DEATH IN POLICE CUSTODY.


        Not a new film but still just as relevant today as when it was made.
INJUSTICE

Winner Best Documentary - BFM London Film Festival 2002, Winner National Social Justice Award 2003, Winner Best Documentary (Human Rights) - One World Film Festival 2003, Winner New Nation Campaign group of the Year 2004.

(2001/98 minutes/UK/Dir: Ken Fero & Tariq Mehmood/Migrant Media)

   http://vimeo.com/34633260

The struggles for justice by the families of people that have died in police custody.

         In 1969 David Oluwale became the first black person to die in police custody in Britain. Many others have died since then. None of the police officers involved have been convicted of these deaths. In this documentary, the families of these victims ask "Why not?"

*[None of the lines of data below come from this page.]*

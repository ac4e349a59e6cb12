-- ===== src/Interpreter/Safety/Steps.antt =====
-- Operands, computations and statements of crates/syllog-interpreter/src/lib.rs, run on a frame that
-- holds the values that they read.
use syllog.Prelude.{
  ℕ, suc, ap, ◌≡◌, refl, Bool, true, false, List, [], ◌∷◌, arith, length, if◌then◌else◌,
  lt-length_of_get_elem?,
}
use syllog.Prelude.Int.{pos, negsuc}
use syllog.Ir.Syntax.{
  Constant, Operand, constant, copy, move, Place, BinaryOp, add, subtract, multiply, divide, equal,
  less, and, or, Rvalue, borrow, use_operand, binary, discriminant, Statement, assign, drop,
  MirFunction,
}
use syllog.Ir.Verify.LocalSet.{LocalSet, contains, remove, contains-remove}
use syllog.Ir.Verify.Control.{place_local}
use syllog.Ir.Verify.Transfer.{
  consume_operand, consume_operands, consume_rvalue, define_place, transfer_statement,
  transfer_statements,
}
use syllog.Ir.Verify.Safety.{Readable, AllReadable, RvalueReadable, StatementSafe, StatementsSafe}
use syllog.Interpreter.Value.{Value, Values, values_length, bool, i64, u64, unit}
use syllog.Interpreter.Machine.{
  InterpreterLimits, moved_local_empty, drop_target_empty, RuntimeError, Outcome, done, fail, State,
}
use syllog.Interpreter.Arith
use syllog.Interpreter.Eval.{
  constant_value, operand, operands, field_of, read_place, drop_place, discriminant_of,
  switch_value, rvalue, integer_operand, execute_statement,
}
use syllog.Interpreter.Run.{execute_statements}
use syllog.Interpreter.Safety.{ErrorAllowed, Ensures, Ensures-bind}
use syllog.Interpreter.Safety.Frame.{
  Frame, Frame-weaken, Leaves, tick-Leaves, charge-Leaves, local_value-Leaves, take_local-Leaves,
  lift-Leaves, field_of_lem, write_field-Leaves, assign_place-Leaves,
}

abbrev Harmless : Outcome Value → Type 0
Harmless = Ensures (λ _. Unit {0})

test_lem :
    (b : Bool) (v : Value) (e : RuntimeError)
    → ErrorAllowed e
    → Harmless (if b then done v else fail e)
test_lem true v e h = tt
test_lem false v e h = h

binary_lem : (op : BinaryOp) (left right : Value) → Harmless (Arith.binary op left right)
unfolding Arith.binary
binary_lem add (u64 a) (u64 b) = test_lem _ _ _ tt
binary_lem add (i64 a) (i64 b) = test_lem _ _ _ tt
binary_lem add _ _ = tt
binary_lem subtract (u64 a) (u64 b) = ground arith
binary_lem subtract (i64 a) (i64 b) = test_lem _ _ _ tt
binary_lem subtract _ _ = tt
binary_lem multiply (u64 a) (u64 b) = test_lem _ _ _ tt
binary_lem multiply (i64 a) (i64 b) = test_lem _ _ _ tt
binary_lem multiply _ _ = tt
binary_lem divide (u64 a) (u64 b) = ground arith
binary_lem divide (i64 a) (i64 b) = ground arith
binary_lem divide _ _ = tt
binary_lem equal _ _ = tt
binary_lem less (u64 a) (u64 b) = tt
binary_lem less (i64 a) (i64 b) = tt
binary_lem less _ _ = tt
binary_lem and (bool a) (bool b) = tt
binary_lem and _ _ = tt
binary_lem or (bool a) (bool b) = tt
binary_lem or _ _ = tt

discriminant_of_lem : (v : Value) → Ensures (λ _. Unit {0}) (discriminant_of v)
unfolding discriminant_of
discriminant_of_lem (Value.aggregate tag fields) = tt
discriminant_of_lem _ = tt

switch_value_lem : (v : Value) → Ensures (λ _. Unit {0}) (switch_value v)
unfolding switch_value
switch_value_lem (bool true) = tt
switch_value_lem (bool false) = tt
switch_value_lem (i64 (pos n)) = tt
switch_value_lem (i64 (negsuc n)) = tt
switch_value_lem _ = tt

-- As many values as operands, beside the frame.
abbrev pub LeavesValues : ℕ → LocalSet → ℕ → Values × State → Type 0
LeavesValues n held count r = Frame n held r.1 × (values_length r.0 ≡ count)

module _ (limits : InterpreterLimits) (n : ℕ) where
  operand-Leaves :
      (held : LocalSet) (s : State) (o : Operand)
      → Frame n held s
      → Readable o held
      → Ensures (Leaves n (consume_operand o held)) (operand limits o s)
  unfolding operand constant_value consume_operand
  operand-Leaves held s (copy l) frame h = local_value-Leaves n held s frame l h
  operand-Leaves held s (move l) frame h = take_local-Leaves n held s frame l moved_local_empty h
  operand-Leaves held s (constant (Constant.string text)) frame h =
      Ensures-bind (Leaves n held) (Leaves n held) _ _ (charge-Leaves n held s frame limits _)
        λ _ s₁ f₁. f₁
  operand-Leaves held s (constant Constant.unit) frame h = frame
  operand-Leaves held s (constant _) frame h = frame

  pub operands-Leaves :
      (held : LocalSet) (s : State) (os : List Operand)
      → Frame n held s
      → AllReadable os held
      → Ensures (LeavesValues n (consume_operands os held) (length os)) (operands limits os s)
  unfolding operands consume_operands
  operands-Leaves held s [] frame h = (frame, refl)
  operands-Leaves held s (o ∷ os) frame h =
      let here = consume_operand o held in
      let rest = consume_operands os here in
      let count = length os in
      Ensures-bind (Leaves n here) (LeavesValues n rest (suc count)) _ _
        (operand-Leaves held s o frame h.0)
        λ v s₁ f₁.
          Ensures-bind (LeavesValues n rest count) (LeavesValues n rest (suc count)) _ _
            (operands-Leaves here s₁ os f₁ h.1) λ vs s₂ f₂. (f₂.0, ap suc f₂.1)

  read_place-Leaves :
      (held : LocalSet) (s : State) (p : Place)
      → Frame n held s
      → contains held (place_local p) ≡ true
      → Ensures (Leaves n held) (read_place p s)
  unfolding read_place place_local
  read_place-Leaves held s (Place.local l) frame h = local_value-Leaves n held s frame l h
  read_place-Leaves held s (Place.field base index) frame h =
      Ensures-bind (Leaves n held) (Leaves n held) _ _ (local_value-Leaves n held s frame base h)
        λ aggregate s₁ f₁.
          lift-Leaves n held s₁ f₁ (field_of aggregate index) (field_of_lem aggregate index)

  rvalue-Leaves :
      (held : LocalSet) (s : State) (v : Rvalue)
      → Frame n held s
      → RvalueReadable v held
      → Ensures (Leaves n (consume_rvalue v held)) (rvalue limits v s)
  unfolding rvalue consume_rvalue
  rvalue-Leaves held s (borrow mutable place) frame h =
      Ensures-bind (Leaves n held) (Leaves n held) _ _ (read_place-Leaves held s place frame h)
        λ v s₁ f₁. f₁
  rvalue-Leaves held s (use_operand o) frame h = operand-Leaves held s o frame h
  rvalue-Leaves held s (discriminant o) frame h =
      let after = consume_operand o held in
      Ensures-bind (Leaves n after) (Leaves n after) _ _ (operand-Leaves held s o frame h)
        λ v s₁ f₁. lift-Leaves n after s₁ f₁ (discriminant_of v) (discriminant_of_lem v)
  rvalue-Leaves held s (Rvalue.aggregate id tag fields) frame h =
      let after = consume_operands fields held in
      Ensures-bind (LeavesValues n after (length fields)) (Leaves n after) _ _
        (operands-Leaves held s fields frame h)
        λ vs s₁ f₁.
          Ensures-bind (Leaves n after) (Leaves n after) _ _
            (charge-Leaves n after s₁ f₁.0 limits _) λ _ s₂ f₂. f₂
  rvalue-Leaves held s (binary op left right) frame h =
      let middle = consume_operand left held in
      let after = consume_operand right middle in
      Ensures-bind (Leaves n middle) (Leaves n after) _ _ (operand-Leaves held s left frame h.0)
        λ l s₁ f₁.
          Ensures-bind (Leaves n after) (Leaves n after) _ _ (operand-Leaves middle s₁ right f₁ h.1)
            λ r s₂ f₂. lift-Leaves n after s₂ f₂ (Arith.binary op l r) (binary_lem op l r)

  pub integer_operand-Leaves :
      (held : LocalSet) (s : State) (o : Operand)
      → Frame n held s
      → Readable o held
      → Ensures (Leaves n (consume_operand o held)) (integer_operand limits o s)
  unfolding integer_operand
  integer_operand-Leaves held s o frame h =
      let after = consume_operand o held in
      Ensures-bind (Leaves n after) (Leaves n after) _ _ (operand-Leaves held s o frame h)
        λ v s₁ f₁. lift-Leaves n after s₁ f₁ (switch_value v) (switch_value_lem v)

  drop_place-Leaves :
      (held : LocalSet) (s : State) (p : Place)
      → Frame n held s
      → contains held (place_local p) ≡ true
      → Ensures (Leaves n (remove held (place_local p))) (drop_place p s)
  unfolding drop_place place_local
  drop_place-Leaves held s (Place.local l) frame h =
      let after = remove held l in
      Ensures-bind (Leaves n after) (Leaves n after) _ _
        (take_local-Leaves n held s frame l drop_target_empty h)
        λ v s₁ f₁. record { size = f₁.size; covers = f₁.covers }
  drop_place-Leaves held s (Place.field base index) frame h =
      let after = remove held base in
      Ensures-bind (Leaves n held) (Leaves n after) _ _
        (write_field-Leaves n held s base index unit frame
          (omega (arith, frame.size, lt-length_of_get_elem? s.locals base (frame.covers base h).1)))
        λ _ s₁ f₁.
          Frame-weaken n held after _ (λ l m. ground (arith, contains-remove held base l))
            (record { size = f₁.size; covers = f₁.covers })

  execute_statement-Leaves :
      (functions : List MirFunction) (f : MirFunction) (held : LocalSet) (s : State) (x : Statement)
      → length f.locals ≡ n
      → Frame n held s
      → StatementSafe functions f x held
      → Ensures (Leaves n (transfer_statement x held)) (execute_statement limits x s)
  unfolding execute_statement transfer_statement
  execute_statement-Leaves functions f held s (drop place) size frame h =
      drop_place-Leaves held s place frame h
  execute_statement-Leaves functions f held s (assign destination value) size frame h =
      let middle = consume_rvalue value held in
      let after = define_place destination middle in
      Ensures-bind (Leaves n middle) (Leaves n after) _ _ (rvalue-Leaves held s value frame h.0)
        λ v s₁ f₁. assign_place-Leaves n middle s₁ destination v f₁ (omega (arith, size, h.1))

  pub execute_statements-Leaves :
      (functions : List MirFunction) (f : MirFunction) (held : LocalSet) (s : State)
      (xs : List Statement)
      → length f.locals ≡ n
      → Frame n held s
      → StatementsSafe functions f xs held
      → Ensures (Leaves n (transfer_statements xs held)) (execute_statements functions limits xs s)
  unfolding execute_statements transfer_statements
  execute_statements-Leaves functions f held s [] size frame h = frame
  execute_statements-Leaves functions f held s (x ∷ xs) size frame h =
      let middle = transfer_statement x held in
      let after = transfer_statements xs middle in
      Ensures-bind (Leaves n held) (Leaves n after) _ _ (tick-Leaves n held s frame limits)
        λ _ s₁ f₁.
          Ensures-bind (Leaves n middle) (Leaves n after) _ _
            (execute_statement-Leaves functions f held s₁ x size f₁ h.0)
            λ _ s₂ f₂. execute_statements-Leaves functions f middle s₂ xs size f₂ h.1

         This is a blow by blow account of the relentless struggles of the families as they find out how they lost their loved ones in extremely violent deaths at the hands of police officers.
Each family is met with a wall of official secrecy and the film documents how they unite and challenge this together. The documentary uses powerful exclusive footage filmed over a five year period and witnesses the families pain and anger at the killings. It documents the fight to retrieve the bodies for burial, the mockery of police self-investigation and the collusion of the legal system in the deaths. The film asks why an accused killer in a police uniform is not judged by the same standards as the rest of society.

I N J U S T I C E documents the horrific loss of life at the hands of the state and it's attempts to cover up these killings. The British police have been responsible for hundreds of deaths and have walked free. The families of the dead want justice and they will not stop until they have got it.